What is mathematics? - Session 2

The Romans, like any other great civilization, needed a way to count their goods, keep track of their victories and build their empire. Instead of using the numbers we know today, they used a unique system of letters known as Roman numerals. Roman numerals were created over two thousand years ago. The Romans developed this system to help them with everyday tasks. This system was simple for them to use because it was based on the Latin alphabet, which they were already familiar with.

In the Roman numeral system, there are seven basic symbols. Each symbol represents a different value.I stands for the number one. V stands for the number five. X stands for the number ten. L stands for the number fifty. C stands for the number one hundred. D stands for the number five hundred. M stands for the number one thousand.

When a smaller numeral comes after a larger one, you add their values together. For example, VI is five plus one, which equals six.When a smaller numeral comes before a larger one, you subtract the smaller value from the larger one. For example, IV is five minus one, which is equal to four.

You can repeat a symbol up to three times to add value. Do not use the same symbol more than three times in a row. For example, instead of writing IIII to represent four, write IV. The numeral II is simply one plus one, which is equal to two. The numeral III is simply one plus one plus one, which is equal to three. The numeral XIII is ten plus one plus one plus one, which is equal to thirteen. Can you tell the value of the numeral VIII?.

The numeral IX is ten minus one, which is equal to nine. The numeral XXIV is ten plus ten plus five minus one, which is equal to twenty four. Here, instead of adding I to X, it is subtracted from V. This is because after I, there is a larger numeral which is V. So we shall first subtract it from V and then add the final value to previous value. Can you tell the value for the numeral XIX?.

For larger numbers, the same rules apply. Here are some examples. The numeral XC is hundred minus ten, which is equal to ninety.The numeral CM is thousand minus hundred, which is equal to nine hundred. What is the value of the numeral XD?.

Zero, a concept so integral to modern mathematics and daily life, was not always a part of the numerical systems. Isn’t that surprising? Its invention revolutionized mathematics. It provided a foundation for complex calculations and the development of various scientific fields.
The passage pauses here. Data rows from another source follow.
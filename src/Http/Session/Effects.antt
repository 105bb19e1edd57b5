-- ===== src/Http/Session/Effects.antt =====
-- http-server-cpp/src/SessionManager.cpp: what a call makes of the entry of each id.
use study_code.Prelude.{
  ◌≡◌, refl, ◌∙◌, Bool, not, Option, none, some, arith, if◌then◌else◌, Bool-cases, inl, inr,
}
use study_code.Prelude.Int.{ℤ, ltb_ℤ, ◌+ℤ◌}
use study_code.Text.{Text, text_eq}
use study_code.Text.Search.{text_eq_iff}
use study_code.StringMap.{lookup, lookup-insert, lookup-erase, lookup-retain, kept}
use study_code.Http.Session.{
  SessionData, SessionManager, generate_session_id, create_session, is_session_valid, check_entry,
  destroy_session, clear_expired_session,
}
use study_code.Http.Session.Laws.{IsValid}
use study_code.Http.Session.Refine.{Call, creates, checks, destroys, clears, step}

abbrev pub unexpired : ℤ → SessionData → Bool
unexpired now entry = not (ltb_ℤ entry.expire_time now)

-- What a call makes of the entry of an id.
abbrev pub effect : Call → Text → Option SessionData → Option SessionData
effect (creates username timeout id_time now draw) j o =
    if text_eq (generate_session_id id_time draw) j
    then some (record { username = username; expire_time = now +ℤ timeout })
    else o
effect (checks session_id now) j o = if text_eq session_id j then kept (unexpired now) o else o
effect (destroys session_id) j o = if text_eq session_id j then none else o
effect (clears now) j o = kept (unexpired now) o

checked-lookup :
    (session_id : Text) (now : ℤ) (j : Text) (o : Option SessionData) (mgr : SessionManager)
    → lookup session_id mgr.sessions ≡ o
    → lookup j (check_entry session_id now o mgr).1.sessions
      ≡ effect (checks session_id now) j (lookup j mgr.sessions)
unfolding check_entry
checked-lookup session_id now j none mgr e = ground (arith, e, text_eq_iff session_id j)
checked-lookup session_id now j (some entry) mgr e =
    elim (Bool-cases (ltb_ℤ entry.expire_time now)) [
      | inl over ↦ rw over (
          lookup-erase session_id j mgr.sessions
          ∙ ground (arith, over, e, text_eq_iff session_id j))
      | inr live ↦ rw live ground (arith, live, e, text_eq_iff session_id j)
    ]

pub step-lookup :
    (c : Call) (mgr : SessionManager) (j : Text)
    → IsValid mgr
    → lookup j (step c mgr).sessions ≡ effect c j (lookup j mgr.sessions)
unfolding step create_session is_session_valid destroy_session clear_expired_session
step-lookup (creates username timeout id_time now draw) mgr j v =
    lookup-insert (generate_session_id id_time draw) j _ mgr.sessions
step-lookup (checks session_id now) mgr j v =
    checked-lookup session_id now j (lookup session_id mgr.sessions) mgr refl
step-lookup (destroys session_id) mgr j v = lookup-erase session_id j mgr.sessions
step-lookup (clears now) mgr j v = lookup-retain (unexpired now) j mgr.sessions v
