-- ===== src/Http/Session/Unordered.antt =====
-- http-server-cpp/src/SessionManager.cpp over an unordered table: two pools that answer every `find`
-- alike are one pool, in whatever order their entries lie.
use mathlib.Core.Quot
use mathlib.Core.Quot.{Quot, Quot-set}
use study_code.Prelude.{
  ◌≡◌, refl, sym, ap, ◌∙◌, Bool, Option, none, some, List, [], ◌∷◌, ◌++◌, arith, if◌then◌else◌,
  fun_ext,
}
use study_code.Prelude.Int.{ℤ, ltb_ℤ, ◌+ℤ◌}
use study_code.Text.{Text, text_eq}
use study_code.Text.Search.{text_eq_iff}
use study_code.StringMap.{lookup}
use study_code.Http.Session.{SessionManager, generate_session_id, is_session_valid}
use study_code.Http.Session.Laws.{IsValid, live, user_at, is_some, is_session_valid-user_at}
use study_code.Http.Session.Effects.{effect, step-lookup}
use study_code.Http.Session.Refine.{Call, creates, checks, destroys, clears, step, step-IsValid}

-- A pool with distinct ids.
abbrev pub Pool : Type 0
Pool = (mgr : SessionManager) × IsValid mgr

abbrev pub SameEntries : Pool → Pool → Type 0
SameEntries p q = (j : Text) → lookup j p.0.sessions ≡ lookup j q.0.sessions

abbrev pub Unordered : Type 0
Unordered = Quot SameEntries

pub Option-Text-set : IsSet (Option Text)
Option-Text-set = hlevel

pub Answers-set : IsSet (List Bool)
Answers-set = hlevel

-- Whom an id stands for at a time.
abbrev pub View : Type 0
View = ℤ → Text → Option Text

unfoldable pub view : Unordered → View
unfolding user_at
view u later j =
    Quot.lift Option-Text-set (λ p. user_at p.0 later j) (λ p q h. ap (live later) (h j)) u

-- What a call makes of a view.
unfoldable pub view_step : Call → View → View
view_step (creates username timeout id_time now draw) w later j =
    if text_eq (generate_session_id id_time draw) j
    then (if ltb_ℤ (now +ℤ timeout) later then none else some username)
    else w later j
view_step (checks session_id now) w later j =
    if text_eq session_id j
    then (if is_some (w now session_id) then w later j else none)
    else w later j
view_step (destroys session_id) w later j = if text_eq session_id j then none else w later j
view_step (clears now) w later j = if is_some (w now j) then w later j else none

-- The answer that a check gives by a view; other calls give none.
unfoldable pub view_answer : Call → View → List Bool
view_answer (checks session_id now) w = is_some (w now session_id) ∷ []
view_answer (creates username timeout id_time now draw) w = []
view_answer (destroys session_id) w = []
view_answer (clears now) w = []

-- The answer that a check returns.
unfoldable pub answer : Call → SessionManager → List Bool
answer (checks session_id now) mgr = (is_session_valid session_id now mgr).0 ∷ []
answer (creates username timeout id_time now draw) mgr = []
answer (destroys session_id) mgr = []
answer (clears now) mgr = []

step-user_at :
    (c : Call) (mgr : SessionManager) (later : ℤ) (j : Text)
    → IsValid mgr
    → user_at (step c mgr) later j ≡ view_step c (user_at mgr) later j
unfolding view_step user_at
step-user_at (creates username timeout id_time now draw) mgr later j v =
    ap (live later) (step-lookup (creates username timeout id_time now draw) mgr j v) ∙ ground arith
step-user_at (checks session_id now) mgr later j v =
    ap (live later) (step-lookup (checks session_id now) mgr j v)
    ∙ ground (arith, text_eq_iff session_id j)
step-user_at (destroys session_id) mgr later j v =
    ap (live later) (step-lookup (destroys session_id) mgr j v) ∙ ground arith
step-user_at (clears now) mgr later j v =
    ap (live later) (step-lookup (clears now) mgr j v) ∙ ground arith

answer-view : (c : Call) (mgr : SessionManager) → answer c mgr ≡ view_answer c (user_at mgr)
unfolding answer view_answer
answer-view (checks session_id now) mgr = rw (is_session_valid-user_at mgr session_id now) refl
answer-view (creates username timeout id_time now draw) mgr = refl
answer-view (destroys session_id) mgr = refl
answer-view (clears now) mgr = refl

pub answer-SameEntries : (c : Call) (p q : Pool) → SameEntries p q → answer c p.0 ≡ answer c q.0
unfolding view_answer user_at
answer-SameEntries (checks session_id now) p q h =
    answer-view (checks session_id now) p.0
    ∙ ap (λ o. is_some (live now o) ∷ []) (h session_id)
    ∙ sym (answer-view (checks session_id now) q.0)
answer-SameEntries (creates username timeout id_time now draw) p q h =
    answer-view (creates username timeout id_time now draw) p.0
    ∙ sym (answer-view (creates username timeout id_time now draw) q.0)
answer-SameEntries (destroys session_id) p q h =
    answer-view (destroys session_id) p.0 ∙ sym (answer-view (destroys session_id) q.0)
answer-SameEntries (clears now) p q h =
    answer-view (clears now) p.0 ∙ sym (answer-view (clears now) q.0)

abbrev pub step_pool : Call → Pool → Pool
step_pool c p = (step c p.0, step-IsValid c p.0 p.1)

pub step_pool-SameEntries :
    (c : Call) (p q : Pool) → SameEntries p q → SameEntries (step_pool c p) (step_pool c q)
step_pool-SameEntries c p q h j =
    step-lookup c p.0 j p.1 ∙ ap (effect c j) (h j) ∙ sym (step-lookup c q.0 j q.1)

-- A call on an unordered pool, and what it answers.
unfoldable pub step_unordered : Call → Unordered → Unordered
step_unordered c =
    Quot.lift Quot-set (λ p. Quot.mk (step_pool c p))
      (λ p q h. Quot.sound (step_pool-SameEntries c p q h))

unfoldable pub answer_unordered : Call → Unordered → List Bool
answer_unordered c = Quot.lift Answers-set (λ p. answer c p.0) (answer-SameEntries c)

unfoldable pub run_unordered : List Call → Unordered → Unordered × List Bool
run_unordered [] u = (u, [])
run_unordered (c ∷ cs) u =
    let rest = run_unordered cs (step_unordered c u) in (rest.0, answer_unordered c u ++ rest.1)

unfoldable pub run_view : List Call → View → View × List Bool
run_view [] w = (w, [])
run_view (c ∷ cs) w = let rest = run_view cs (view_step c w) in (rest.0, view_answer c w ++ rest.1)

view-step_unordered : (c : Call) (u : Unordered) → view (step_unordered c u) ≡ view_step c (view u)
unfolding view step_unordered
view-step_unordered c u = fun_ext (λ later. fun_ext (λ j.
    Quot.ind {β = λ z. view (step_unordered c z) later j ≡ view_step c (view z) later j}
      (λ z. Option-Text-set _ _) (λ p. step-user_at c p.0 later j p.1) u))

answer_unordered-view : (c : Call) (u : Unordered) → answer_unordered c u ≡ view_answer c (view u)
unfolding view answer_unordered
answer_unordered-view c u =
    Quot.ind {β = λ z. answer_unordered c z ≡ view_answer c (view z)} (λ z. Answers-set _ _)
      (λ p. answer-view c p.0) u

-- Over any calls of the members, with any clock values, a pool as an unordered table (two pools
-- that find the same entries are equal) acts as its view, which tells for each time and id the
-- user that the id stands for: a login makes its id stand for the user up to its end and no
-- longer, a logout for nobody, a check (of its id) and a clearing (of every id) take away what
-- stands for nobody at their time and leave the rest; and the checks answer, in order, whether
-- their id stands for a user at their time.
pub run_unordered-view :
    (cs : List Call) (u : Unordered)
    → (view (run_unordered cs u).0 ≡ (run_view cs (view u)).0)
      × ((run_unordered cs u).1 ≡ (run_view cs (view u)).1)
unfolding run_unordered run_view
run_unordered-view [] u = (refl, refl)
run_unordered-view (c ∷ cs) u =
    let (after, answers) = run_unordered-view cs (step_unordered c u) in
    let here = view-step_unordered c u in
    (
      after ∙ ap (λ w. (run_view cs w).0) here,
      ap (λ bs. bs ++ (run_unordered cs (step_unordered c u)).1) (answer_unordered-view c u)
          ∙ ap (λ bs. view_answer c (view u) ++ bs) (answers ∙ ap (λ w. (run_view cs w).1) here),
    )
Understanding the history of zero gives us insight into how human thought has evolved over centuries.

In ancient times, many civilizations developed numerical systems for trade, astronomy, and record-keeping. These early systems, such as those used by the Egyptians, Babylonians and Romans did not have a concept of zero as a number. They had symbols to represent quantities. They lacked a way to denote the absence of a quantity.

Egyptians used a system based on hieroglyphs with separate symbols for each power of ten. They did not have any symbol for zero. Babylonians used the sexagesimal system and had a placeholder for zero. It was not a true zero as we understand it today.

Romans used Roman numerals, which lacked any symbol for zero. The concept of zero as both a placeholder and a number, was independently developed in several regions. That is, many people around the world thought it was important, on their own. The most significant development of zero occurred in ancient India around the fifth century AD. Indian mathematicians were among the first to treat zero as a number with its own value and symbol.

Aryabhata was one of the earliest to use a place value system, which is a critical feature of the modern decimal system. This system uses positions to represent the value of digits, making calculations more straightforward and efficient. He did not have a symbol for zero. His work implied the concept of place value, which required the use of zero to denote empty places in numbers.

While Aryabhata's work laid the foundation, it was Brahmagupta who formalized the concept of zero as a number. Brahmagupta explicitly defined zero and provided rules for arithmetic operations involving zero. He treated zero as a number in its own right, distinct from a mere placeholder. Brahmagupta described operations such as addition, subtraction and multiplication involving zero.

For instance, adding zero to a number results in leaving the number unchanged. Subtracting zero from a number results in leaving the number unchanged. Multiplying any number by zero gives zero. The Indians used a dot or small circle to represent zero. This symbol evolved into the zero we use today. The Sanskrit word for zero was śūnya which means empty or void.

Islamic scholars translated and expanded upon Indian mathematical works. Persian mathematician Al-Khwarizmi and Arab mathematician Al-Kindi played crucial roles in disseminating the concept of zero. Al-Khwarizmi's works introduced the Hindu-Arabic numeral system, including zero, to the Islamic world. By the twelfth century, the concept of zero reached Europe through translations of Arabic texts. Italian mathematician Fibonacci helped popularize the Hindu Arabic numeral system in Europe with his book Liber Abaci.

Modern mathematical innovations have revolutionized problem solving across disciplines. Calculus analyzes change in physics and economics. Probability theory and statistics predict outcomes and analyze data in various fields. Number-theory supports cryptography and computer algorithms. Set-theory and abstract algebra organize data and study structures, vital in computer science and physics. Category-theory explains fundamental aspects of mathematics and the world. These advancements continue to improve engineering, social sciences, and beyond, shaping our technological world.